Saved entries:
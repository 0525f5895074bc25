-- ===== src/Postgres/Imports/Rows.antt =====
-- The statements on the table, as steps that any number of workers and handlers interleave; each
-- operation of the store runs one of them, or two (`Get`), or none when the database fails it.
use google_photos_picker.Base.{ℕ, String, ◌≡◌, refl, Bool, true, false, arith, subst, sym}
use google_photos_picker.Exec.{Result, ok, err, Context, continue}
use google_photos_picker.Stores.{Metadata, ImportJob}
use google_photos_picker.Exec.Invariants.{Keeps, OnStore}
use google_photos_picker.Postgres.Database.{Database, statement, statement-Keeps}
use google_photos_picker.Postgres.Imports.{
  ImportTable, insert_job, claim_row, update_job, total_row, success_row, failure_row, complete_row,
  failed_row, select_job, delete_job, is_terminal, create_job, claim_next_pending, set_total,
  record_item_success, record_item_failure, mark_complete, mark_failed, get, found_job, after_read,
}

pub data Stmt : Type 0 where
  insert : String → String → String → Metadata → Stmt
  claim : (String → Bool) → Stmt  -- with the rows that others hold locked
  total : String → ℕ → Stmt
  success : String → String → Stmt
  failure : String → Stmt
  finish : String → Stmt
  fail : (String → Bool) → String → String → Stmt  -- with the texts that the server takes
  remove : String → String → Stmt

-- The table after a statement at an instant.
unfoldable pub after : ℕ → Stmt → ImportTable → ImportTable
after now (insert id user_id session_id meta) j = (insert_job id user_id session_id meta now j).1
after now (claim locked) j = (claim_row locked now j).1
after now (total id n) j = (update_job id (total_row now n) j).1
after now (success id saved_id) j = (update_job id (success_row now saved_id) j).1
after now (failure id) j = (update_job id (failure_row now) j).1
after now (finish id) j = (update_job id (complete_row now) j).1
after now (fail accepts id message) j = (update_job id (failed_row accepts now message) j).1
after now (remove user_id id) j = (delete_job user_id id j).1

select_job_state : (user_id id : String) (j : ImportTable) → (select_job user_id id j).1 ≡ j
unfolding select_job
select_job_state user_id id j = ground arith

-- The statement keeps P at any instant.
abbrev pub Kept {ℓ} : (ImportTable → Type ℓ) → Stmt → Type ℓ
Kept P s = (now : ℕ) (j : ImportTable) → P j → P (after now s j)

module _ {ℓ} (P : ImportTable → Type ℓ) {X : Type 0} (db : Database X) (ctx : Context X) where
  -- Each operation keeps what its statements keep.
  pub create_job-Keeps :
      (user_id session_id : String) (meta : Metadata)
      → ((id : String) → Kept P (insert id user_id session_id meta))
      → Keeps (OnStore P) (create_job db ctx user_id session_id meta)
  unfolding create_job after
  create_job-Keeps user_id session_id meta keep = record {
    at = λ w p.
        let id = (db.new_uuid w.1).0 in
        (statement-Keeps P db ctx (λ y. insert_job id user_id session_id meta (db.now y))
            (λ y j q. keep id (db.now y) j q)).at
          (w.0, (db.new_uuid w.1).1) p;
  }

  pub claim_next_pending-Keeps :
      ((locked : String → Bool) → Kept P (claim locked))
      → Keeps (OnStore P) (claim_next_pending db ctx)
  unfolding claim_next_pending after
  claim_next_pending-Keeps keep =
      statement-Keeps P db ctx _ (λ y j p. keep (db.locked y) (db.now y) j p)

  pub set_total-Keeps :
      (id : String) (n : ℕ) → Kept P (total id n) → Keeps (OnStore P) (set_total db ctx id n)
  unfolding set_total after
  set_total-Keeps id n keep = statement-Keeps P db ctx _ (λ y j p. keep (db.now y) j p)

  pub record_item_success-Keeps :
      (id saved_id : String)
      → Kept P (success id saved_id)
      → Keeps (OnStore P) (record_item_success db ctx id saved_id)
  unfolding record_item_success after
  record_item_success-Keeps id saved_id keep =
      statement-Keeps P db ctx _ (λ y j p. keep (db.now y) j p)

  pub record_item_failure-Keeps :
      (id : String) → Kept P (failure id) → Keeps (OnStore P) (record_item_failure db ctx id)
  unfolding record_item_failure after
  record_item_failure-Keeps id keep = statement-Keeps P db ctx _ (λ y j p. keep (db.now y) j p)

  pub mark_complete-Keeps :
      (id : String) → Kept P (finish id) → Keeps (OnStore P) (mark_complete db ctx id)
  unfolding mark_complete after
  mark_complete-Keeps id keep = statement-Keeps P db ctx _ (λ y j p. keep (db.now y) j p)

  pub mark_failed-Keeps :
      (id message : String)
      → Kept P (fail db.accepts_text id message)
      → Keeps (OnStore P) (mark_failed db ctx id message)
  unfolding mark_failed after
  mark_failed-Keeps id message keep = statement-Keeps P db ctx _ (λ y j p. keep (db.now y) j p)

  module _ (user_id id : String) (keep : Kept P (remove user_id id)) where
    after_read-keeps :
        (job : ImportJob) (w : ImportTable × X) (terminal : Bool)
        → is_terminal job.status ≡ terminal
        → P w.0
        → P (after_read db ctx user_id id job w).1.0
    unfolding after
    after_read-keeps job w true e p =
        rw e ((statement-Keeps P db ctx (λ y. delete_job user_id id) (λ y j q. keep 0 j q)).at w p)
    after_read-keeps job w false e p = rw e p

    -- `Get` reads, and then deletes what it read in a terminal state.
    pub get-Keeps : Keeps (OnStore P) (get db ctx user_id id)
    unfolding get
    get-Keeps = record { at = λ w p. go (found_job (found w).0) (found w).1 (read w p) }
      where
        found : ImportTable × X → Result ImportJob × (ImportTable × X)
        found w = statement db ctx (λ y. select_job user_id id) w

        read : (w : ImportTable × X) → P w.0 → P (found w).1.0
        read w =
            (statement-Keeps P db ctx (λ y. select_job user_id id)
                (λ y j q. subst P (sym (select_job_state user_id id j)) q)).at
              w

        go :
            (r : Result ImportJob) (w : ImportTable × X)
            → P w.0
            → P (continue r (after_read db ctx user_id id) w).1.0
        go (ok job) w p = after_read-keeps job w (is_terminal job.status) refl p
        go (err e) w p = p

What is being asked: Reproduce verbatim the lines above, from the line with "unfolding mark_failed after" through the line with "unfolding get".

Solution for this task:
  unfolding mark_failed after
  mark_failed-Keeps id message keep = statement-Keeps P db ctx _ (λ y j p. keep (db.now y) j p)

  module _ (user_id id : String) (keep : Kept P (remove user_id id)) where
    after_read-keeps :
        (job : ImportJob) (w : ImportTable × X) (terminal : Bool)
        → is_terminal job.status ≡ terminal
        → P w.0
        → P (after_read db ctx user_id id job w).1.0
    unfolding after
    after_read-keeps job w true e p =
        rw e ((statement-Keeps P db ctx (λ y. delete_job user_id id) (λ y j q. keep 0 j q)).at w p)
    after_read-keeps job w false e p = rw e p

    -- `Get` reads, and then deletes what it read in a terminal state.
    pub get-Keeps : Keeps (OnStore P) (get db ctx user_id id)
    unfolding get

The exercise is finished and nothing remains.